James Bateson: Post

Google Slides accessibility checker

In the past I've primarily used the Microsoft Office suite for putting together non-web documents such as presentation decks. However, with currently not being part of an organisation and unable to afford the license for the desktop app versions. I decided to use Google Slides to put together a deck for an upcoming lightning talk.

In the Office applications, there is a nice accessibility checker that checks your content to ensure it meets requirements such as colour contrast, reading order, alt text. I assumed there might be something similar for Google Slides.

I took a look around the various menus and under the Tools menu item, there is an accessibility item. This opens a dialog with some options for an improved accessibility experience.

Screenshot of the Google Slides accessibility menu item dialog. It shows options for screen reader and screen magnifier support.

These options are great, as they allow people relying on this assistive technology to better collaborate and understand the content in the slides. They could also be useful for manually testing your content.

However, in this case, I was more looking for an automated accessibility checker to just run through all of my slides.

After a brief search online, I found that you can add extensions to Google Slides. This is through the Extensions -> Add-ons menu. Through this I discovered Grackle Slides. There was another called "Accessibility Checked for Slides", however, Grackle seemed to have more installs and better reviews, so I went with that.

After installing, when returning to the Extensions menu, you can now launch Grackle. This opens a sidebar that displays the accessibility checks done on your slides, whether they pass or fail, need investigation and the slide content that the check is referencing. This is useful as you can open the slide that the offending content is on.

Screenshot of the Grackle Slides accessibility checker sidebar open in a Google Slides deck.

Note permalink

As it's a third party add-on installed through the Google Workplace Marketplace, it does mean that you have to grant it certain permissions to read content etc. So may be something to bear in mind for more confidential documents.


Once installed it's relatively simple to remove the add-on though if you so wish.

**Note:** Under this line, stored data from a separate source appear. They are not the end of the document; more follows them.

-- ===== src/Capture/Freeobj.antt =====
-- capture.c: what `process_freeobj` does to the capture, the record of the class and the table.
use memory_profiler.Base.{
  ℕ, ◌^◌, ◌<◌, ◌≡◌, sym, ap, ◌∙◌, not, ◌||◌, none, some, inl, inr, ◌==◌, arith, Option-cases,
  add_size, subst,
}
use memory_profiler.Ruby.{Ruby, StTable}
use memory_profiler.Allocations.{Allocations}
use memory_profiler.Table.Layout.{Table, Entry}
use memory_profiler.Table.Operations.{lookup, delete_entry}
use memory_profiler.Table.Slots.{scan}
use memory_profiler.Table.Holds.{IsLive, IsValid}
use memory_profiler.Table.Lookup.{entry_at, lookup_cases}
use memory_profiler.Table.Delete.{Removes, delete-Removes, delete_entry-eq-delete}
use memory_profiler.Capture.State.{
  Capture, World, Called, returned, threw, Run, finished, raised, fault, Surroundings, inc_int,
  put_capture, put_record, dec_int, pause,
}
use memory_profiler.Capture.Process.{process_freeobj, release_object, end_freeobj, call_if}
use memory_profiler.Capture.Calls.{
  Leaves, captures-put, records-put, paused-captures, skip-captures, call_if-Leaves,
}

module _ ⦃rb : Ruby⦄ (st : StTable) (env : Surroundings st) where
  -- After a callback the capture is resumed; where the callback raised it stays paused.
  abbrev pub EndedAfter : ℕ → Capture st → Called st → Run st → Type 0
  EndedAfter self c (returned value w) (finished w') =
      w'.captures self ≡ record c { paused = dec_int c.paused }
  EndedAfter self c (threw w) (raised w') = w'.captures self ≡ c
  EndedAfter self c (returned value w) (raised w') = ⊥
  EndedAfter self c (returned value w) fault = ⊥
  EndedAfter self c (threw w) (finished w') = ⊥
  EndedAfter self c (threw w) fault = ⊥

  end_freeobj-EndedAfter :
      (self : ℕ) (c : Capture st) (called : Called st)
      → Leaves st self c called
      → EndedAfter self c called (end_freeobj st env self called)
  unfolding end_freeobj
  end_freeobj-EndedAfter self c (threw w) h = h
  end_freeobj-EndedAfter self c (returned value w) h =
      captures-put st w self _ ∙ ap (λ (x : Capture st). record x { paused = dec_int x.paused }) h

  -- The capture while the callback runs for a freed object.
  abbrev pub freed_capture : Capture st → Table → Capture st
  freed_capture c t = record c {
    paused = inc_int c.paused;
    states = some t;
    free_count = add_size c.free_count 1;
  }

  -- The callback's part: it is called with the stored data unless there is none.
  abbrev pub freed_call : Entry → Allocations → World st → Called st
  freed_call entry r before =
      call_if st env (not (r.callback == rb.q_nil || entry.data_value == rb.q_nil)) r.callback
        entry.klass env.sym_freeobj entry.data_value before

  -- How the processing of a freed object ends: the object is not in the table; its class is not
  -- tracked any more, and its entry stays; or the entry is removed, the object is counted and the
  -- callback gets the data that was stored with the object.
  pub data Freeobj (w : World st) (self object : ℕ) {t : Table} (v : IsValid t)
      : Run st → Type 0 where
    unknown :
        (w' : World st)
        → scan object t.entries ≡ none
        → w'.captures self ≡ w.captures self
        → Freeobj w self object v (finished w')
    stale :
        (w' : World st) (entry : Entry)
        → scan object t.entries ≡ some entry
        → st.lookup (w.captures self).tracked entry.klass ≡ none
        → w'.captures self ≡ w.captures self
        → Freeobj w self object v (finished w')
    released :
        (entry : Entry) (a : ℕ) (t' : Table) (before : World st) (run : Run st)
        → scan object t.entries ≡ some entry
        → st.lookup (w.captures self).tracked entry.klass ≡ some a
        → Removes v object 1 t'
        → before.captures self ≡ freed_capture (w.captures self) t'
        → before.records a
          ≡ record (w.records a) { free_count = add_size (w.records a).free_count 1 }
        → EndedAfter self
            (freed_capture (w.captures self) t')
            (freed_call entry (w.records a) before)
            run
        → Freeobj w self object v run

  module _ (self : ℕ)
      (leaves : (callback klass symbol argument : ℕ) (w : World st)
        → Leaves st self (w.captures self) (env.call callback klass symbol argument w)) where
    removed :
        {t : Table} (v : IsValid t) (object index : ℕ)
        → IsLive object
        → lookup t object ≡ some index
        → scan object t.entries ≡ some (entry_at t index)
        → Removes v object 1 (delete_entry t index)
    removed {t} v object index ok at there =
        subst (λ u. Removes v object 1 u) (sym (delete_entry-eq-delete v object ok index at))
          (elim (delete-Removes v object ok) [
            | inl (absent, _) ↦ absurd (ground (arith, absent, there))
            | inr gone ↦ gone
          ])

    release_object-Freeobj :
        (w : World st) (object index : ℕ) {t : Table} (v : IsValid t)
        → (w.captures self).paused < 2 ^ 32
        → IsLive object
        → lookup t object ≡ some index
        → scan object t.entries ≡ some (entry_at t index)
        → Freeobj w self object v (release_object st env (pause st w self) self t index)
    unfolding release_object
    release_object-Freeobj w object index {t} v lt ok at there =
        let entry = entry_at t index in
        let paused = pause st w self in
        let c = paused.captures self in
        elim (Option-cases (st.lookup (w.captures self).tracked entry.klass)) [
          | inl e ↦
              let e' : st.lookup c.tracked entry.klass ≡ none =
                ap (λ (x : Capture st). st.lookup x.tracked entry.klass) (paused-captures st self w)
                ∙ e in
              rw (e', release_object) (stale _ entry there e (skip-captures st self w lt))
          | inr (a, e) ↦
              let e' : st.lookup c.tracked entry.klass ≡ some a =
                ap (λ (x : Capture st). st.lookup x.tracked entry.klass) (paused-captures st self w)
                ∙ e in
              let t' = delete_entry t index in
              let deleted =
                put_capture st paused self
                  (record c { states = some t'; free_count = add_size c.free_count 1 }) in
              let r : Allocations = w.records a in
              let before =
                put_record st deleted a (record r { free_count = add_size r.free_count 1 }) in
              let shape : before.captures self ≡ freed_capture (w.captures self) t' =
                captures-put st paused self _
                ∙ ap
                    (λ (x : Capture st). record x {
                      states = some t';
                      free_count = add_size x.free_count 1;
                    })
                    (paused-captures st self w) in
              let called = freed_call entry r before in
              rw (e', release_object)
                (released entry a t' before _ there e (removed v object index ok at there) shape
                  (records-put st deleted a _)
                  (end_freeobj-EndedAfter self (freed_capture (w.captures self) t') called (
                    subst (λ x. Leaves st self x called) shape
                      (call_if-Leaves st env self leaves _ r.callback entry.klass env.sym_freeobj
                        entry.data_value before))))
        ]

    pub process_freeobj-Freeobj :
        (w : World st) (object : ℕ) {t : Table} (v : IsValid t)
        → (w.captures self).states ≡ some t
        → (w.captures self).paused < 2 ^ 32
        → IsLive object
        → Freeobj w self object v (process_freeobj st env w self object)
    unfolding process_freeobj
    process_freeobj-Freeobj w object {t} v e lt ok =
        let e' : ((pause st w self).captures self).states ≡ some t =
          ap (λ (x : Capture st). x.states) (paused-captures st self w) ∙ e in
        elim (lookup_cases v object ok) [
          | inr (missed, absent, _) ↦
              rw (e', missed, process_freeobj) (unknown _ absent (skip-captures st self w lt))
          | inl (index, at, _, _, there) ↦
              rw (e', at, process_freeobj) (release_object-Freeobj w object index v lt ok at there)
        ]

The checks, information and feedback Grackle gave me were exactly what I was looking for, and very similar to the ones the Microsoft Office checker performs. It checked my deck for:

  • Titles and document language set
  • Slides have titles are unqiue and not empty
  • Any tables used are accessible
  • Slide content elements are accessible e.g. image alt text, colour contrast, empty text boxes, lists not broken, etc.

It also seems to offer export to PDF and PDF checking as well. As far as I can tell this add-on seems to be free, however, it looks like if you want to start utilising the PDF features, you might only get around 6 uses of this for free.

There is also another tab in the sidebar UI that will show the structure of your slides and content. This is useful for ensuring you have suitable titles and nothing empty, and a meaningful reading order that will help people consuming your slides using assistive technology such as screen readers.

Screenshot of the Grackle sidebar UI open in a Google Slide deck. The "Slides Structure" tab is open and displaying a structure of the deck slides content.

As with web accessibility testing, it's import to manually check that your content is accessible in documents as well, however this is a useful tool that I will be using for future presentations.